Core parts of Ethereum and Web3 infrastructure have willingly collaborated with the authorities to wield their influence and clamp down on freedom. Firstly, there was the announcement that both Infura and Alchemy, the key RPC providers for Web3 wallets like Metamask, disabled parts of their software so that it now won’t function with Tornado Cash addresses. The Tornado Cash website was also taken down, alongside the Github repositories of everyone who ever contributed to the project.

This is not symptomatic of a war on money laundering – there are already due processes for these measures and it is no secret that these measures are totally ineffective: according to Ronald F. Pol from La Trobe University, only 0.1% of stolen recovered are recovered from criminals thanks to these measures – 99.9% are not. Anti money laundering measures are not only a waste of time and a completely ineffective use of resources, but they damage the experience for everyone else.

Experienced hackers are competent developers, and are familiar enough with how to use decentralised exchanges and atomic swaps to be able to comfortably anonymise their ill-gotten gains. These measures will not significantly harm them in any way (Tornado Cash has already been forked several times across several different chains), but they will harm the hoi polloi who simply want more privacy.

Chainalysis’ oracle for sanction screenings – OpenSea as Judge, Jury and Executioner

Most insidious of all from this debacle is the new Chainalysis oracle that validates whether not a wallet has been designated to be sanctioned. Developers are being invited to implement these oracles into their smart contracts to cooperate with law enforcement, and to highlight any potential wrongdoing.

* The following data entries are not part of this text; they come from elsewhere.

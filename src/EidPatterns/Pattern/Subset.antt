-- ===== src/EidPatterns/Pattern/Subset.antt =====
-- The subset test of eid-patterns/src/lib.rs against what the patterns match.
use hardy.Prelude.{
  ℕ, ◌≡◌, refl, ◌⊎◌, List, [], ◌∷◌, Bool, true, false, ◌&&◌, none, some, arith, any, all, ◌==◌,
}
use hardy.Eid.{Str, Eid, u32_max, is_null, eq_str}
use hardy.Eid.Laws.{eq_str_iff}
use hardy.EidPatterns.Ipn.Component
use hardy.EidPatterns.Ipn.Component.{IpnPattern}
use hardy.EidPatterns.Ipn.Interval
use hardy.EidPatterns.Ipn.Interval.{IpnInterval}
use hardy.EidPatterns.Ipn.Item as Ipn
use hardy.EidPatterns.Ipn.Item.{IpnPatternItem}
use hardy.EidPatterns.Ipn.Subset.{item_sound}
use hardy.EidPatterns.Dtn
use hardy.EidPatterns.Dtn.{Globs, DtnPatternItem}
use hardy.EidPatterns.Pattern.Item
use hardy.EidPatterns.Pattern.Item.{EidPatternItem}
use hardy.EidPatterns.Pattern.Union
use hardy.EidPatterns.Pattern.Union.{EidPattern}

-- The null endpoint, also in its spelling as `ipn:0.0.0`
unfoldable pub names_null : Eid → Bool
names_null Eid.null = true
names_null (Eid.legacy_ipn f n) = f.allocator_id == 0 && (f.node_number == 0 && n == 0)
names_null (Eid.ipn f n) = f.allocator_id == 0 && (f.node_number == 0 && n == 0)
names_null _ = false

not_both : (s : Str) → eq_str s Item.ipn_text ≡ true → eq_str s Item.dtn_text ≡ false
not_both s h = ground (arith, eq_str_iff s Item.ipn_text, eq_str_iff s Item.dtn_text)

exact_cases :
    (p : IpnPattern) (v : ℕ)
    → Component.matches p v ≡ true
    → (Component.try_to_eid p ≡ none) ⊎ (Component.try_to_eid p ≡ some v)
unfolding Component.try_to_eid Component.matches Interval.try_to_u32 Interval.matches
exact_cases (IpnPattern.single m) v k = ground arith
exact_cases (IpnPattern.range (i ∷ [])) v k = ground arith
exact_cases (IpnPattern.range []) v k = ground arith
exact_cases (IpnPattern.range (i ∷ j ∷ is)) v k = ground arith
exact_cases IpnPattern.wildcard v k = ground arith

null_at :
    (p : IpnPatternItem) (a n s : ℕ)
    → Item.is_some_null (Ipn.try_to_eid p) ≡ true
    → Ipn.matches_at p a n s ≡ true
    → (a ≡ 0) × (n ≡ 0) × (s ≡ 0)
unfolding is_null Ipn.try_to_eid Ipn.exact_eid Ipn.matches_at
null_at p a n s h k = ground (
  arith,
  exact_cases p.allocator_id a,
  exact_cases p.node_number n,
  exact_cases p.service_number s,
)

null_sound :
    (p : IpnPatternItem) (e : Eid)
    → Item.is_some_null (Ipn.try_to_eid p) ≡ true
    → Ipn.matches p e ≡ true
    → names_null e ≡ true
unfolding Ipn.matches names_null
null_sound p Eid.null h k = refl
null_sound p (Eid.local_node m) h k = ground (arith, null_at p 0 u32_max m h k)
null_sound p (Eid.legacy_ipn f m) h k = ground (arith, null_at p f.allocator_id f.node_number m h k)
null_sound p (Eid.ipn f m) h k = ground (arith, null_at p f.allocator_id f.node_number m h k)
null_sound p (Eid.dtn d m) h k = cc
null_sound p (Eid.unknown n m) h k = cc

module _ {gl : Globs} where
  unfoldable pub is_glob : EidPatternItem gl → Bool
  is_glob (EidPatternItem.dtn_pattern_item (DtnPatternItem.glob _)) = true
  is_glob _ = false

  unfoldable pub has_glob : EidPattern gl → Bool
  unfolding is_glob
  has_glob EidPattern.any_eid = false
  has_glob (EidPattern.set items) = any items (λ i. is_glob i)

  dtn_sound :
      (l r : DtnPatternItem gl) (e : Eid)
      → is_glob (EidPatternItem.dtn_pattern_item r) ≡ false
      → names_null e ≡ false
      → Dtn.is_subset l r ≡ true
      → Dtn.matches l e ≡ true
      → Dtn.matches r e ≡ true
  unfolding Dtn.is_subset Dtn.matches is_glob names_null is_null
  dtn_sound l (DtnPatternItem.glob p) e g c h k = ground arith
  dtn_sound l DtnPatternItem.none e g c h k = ground arith
  dtn_sound l DtnPatternItem.any e g c h k = ground arith
  dtn_sound (DtnPatternItem.exact n d) (DtnPatternItem.exact n' d') (Eid.dtn a b) g c h k =
      ground (arith, eq_str_iff n n', eq_str_iff d d')
  dtn_sound l r e g c h k = ground arith

  dtn_null :
      (l : DtnPatternItem gl) (e : Eid)
      → Item.is_some_null (Dtn.try_to_eid l) ≡ true
      → Dtn.matches l e ≡ true
      → names_null e ≡ true
  unfolding Dtn.try_to_eid Dtn.matches names_null is_null
  dtn_null l e h k = ground arith

  item_sound_lem :
      (l r : EidPatternItem gl) (e : Eid)
      → is_glob r ≡ false
      → names_null e ≡ false
      → Item.is_subset l r ≡ true
      → Item.matches l e ≡ true
      → Item.matches r e ≡ true
  unfolding Item.is_subset Item.matches Item.eid_numeric_scheme Item.numeric_scheme_of_text
      Item.same_scheme Ipn.matches Dtn.matches names_null
  item_sound_lem (EidPatternItem.ipn_pattern_item l) (EidPatternItem.ipn_pattern_item r) e g c h k =
      item_sound l r e h k
  item_sound_lem (EidPatternItem.dtn_pattern_item l) (EidPatternItem.dtn_pattern_item r) e g c h k =
      dtn_sound l r e g c h k
  item_sound_lem (EidPatternItem.ipn_pattern_item l) (EidPatternItem.dtn_pattern_item r) e g c h k =
      ground (arith, null_sound l e)
  item_sound_lem (EidPatternItem.dtn_pattern_item l) (EidPatternItem.ipn_pattern_item r) e g c h k =
      ground (arith, dtn_null l e)
  item_sound_lem (EidPatternItem.any_text_scheme s) (EidPatternItem.any_text_scheme t) e g c h k =
      ground (arith, eq_str_iff s t)
  item_sound_lem (EidPatternItem.any_numeric_scheme m) (EidPatternItem.any_text_scheme s) e g c h
        k =
      ground (arith, not_both s)
  item_sound_lem (EidPatternItem.any_numeric_scheme m) (EidPatternItem.any_numeric_scheme n) e g c h
        k =
      ground arith
  item_sound_lem (EidPatternItem.any_text_scheme s) (EidPatternItem.any_numeric_scheme n) e g c h
        k =
      ground (arith, not_both s)
  item_sound_lem (EidPatternItem.ipn_pattern_item l) (EidPatternItem.any_numeric_scheme n) e g c h
        k =
      ground arith
  item_sound_lem (EidPatternItem.ipn_pattern_item l) (EidPatternItem.any_text_scheme s) e g c h k =
      ground (arith, not_both s)
  item_sound_lem (EidPatternItem.dtn_pattern_item l) (EidPatternItem.any_numeric_scheme n) e g c h
        k =
      ground arith
  item_sound_lem (EidPatternItem.dtn_pattern_item l) (EidPatternItem.any_text_scheme s) e g c h k =
      ground (arith, not_both s)
  item_sound_lem l r e g c h k = ground arith

  any_sound :
      (l : EidPatternItem gl) (r : List (EidPatternItem gl)) (e : Eid)
      → any r (λ i. is_glob i) ≡ false
      → names_null e ≡ false
      → any r (λ i. Item.is_subset l i) ≡ true
      → Item.matches l e ≡ true
      → any r (λ i. Item.matches i e) ≡ true
  any_sound l [] e g c h k = cc
  any_sound l (i ∷ r) e g c h k = ground (arith, item_sound_lem l i e, any_sound l r e)

  all_sound :
      (l r : List (EidPatternItem gl)) (e : Eid)
      → any r (λ i. is_glob i) ≡ false
      → names_null e ≡ false
      → all l (λ i. any r (λ j. Item.is_subset i j)) ≡ true
      → any l (λ i. Item.matches i e) ≡ true
      → any r (λ i. Item.matches i e) ≡ true
  all_sound [] r e g c h k = cc
  all_sound (i ∷ l) r e g c h k = ground (arith, any_sound i r e, all_sound l r e)

  -- If a pattern p is a subset of a pattern q that holds no glob, by `is_subset`, then q matches every
  -- endpoint that p matches, other than the null endpoint and its spelling `ipn:0.0.0`.
  pub is_subset_sound :
      (p q : EidPattern gl) (e : Eid)
      → has_glob q ≡ false
      → names_null e ≡ false
      → Union.is_subset p q ≡ true
      → Union.matches p e ≡ true
      → Union.matches q e ≡ true
  unfolding Union.is_subset Union.matches has_glob
  is_subset_sound p EidPattern.any_eid e g c h k = refl
  is_subset_sound (EidPattern.set l) (EidPattern.set r) e g c h k = all_sound l r e g c h k
  is_subset_sound EidPattern.any_eid (EidPattern.set r) e g c h k = cc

It is safe to say that although there has been some uptake amongst the developer community, this is not a widely-supported implementation, and the overwhelming majority of developers (particularly those working on smaller protocols) are rejecting the opportunity to implement the oracle.

OpenSea, the largest NFT marketplace, is well-known for being notoriously censorious. Whenever an NFT collection is listed on their platform that offers a yield, it is deemed a security and taken down. This has happened with a variety of different projects, but the most well-known example is Cyber Kongz.

OpenSea’s procedures of litigation have been interesting to behold, not only because of the bizarre interpretation of the law and the uneven way in which they apply it to users on their platform, but also thanks to how keen they are to do the bidding of their overlords. LooksRare, and other NFT marketplaces, have managed to capitalise on this weakness; it isn’t because LooksRare is necessarily a better exchange, but the main reason for rising market share is thanks to the fact that they are less centralised and less judicially onerous.

In light of the US’s sanctioning of Tornado Cash, wallets are now being removed and de-listed from OpenSea, despite the fact that no laws were broken.

The US’s handling of this debacle hasn’t been particularly surprising, since the last few years of policy in the US have been consistently inept and incompetent, with little consideration for second-order effects and zero lateral thinking. Nevertheless, some of this legislation ought to be redressed: even though hackers are a problem, the protocols themselves are already incentivised to defend themselves with the best contributors in the world, and are quite capable of doing so – as a percentage of Curve’s TVL, $570k isn’t noticeable.

There is no need for legislators to intervene in a heavy-handed manner with the rights (for code is an expression of the First Amendment) and freedoms of their citizens, and those of citizens globally. Despite the litany of hacks and exploits over the last few years in DeFi, regulating it out of existence is the worst thing a government could possibly do.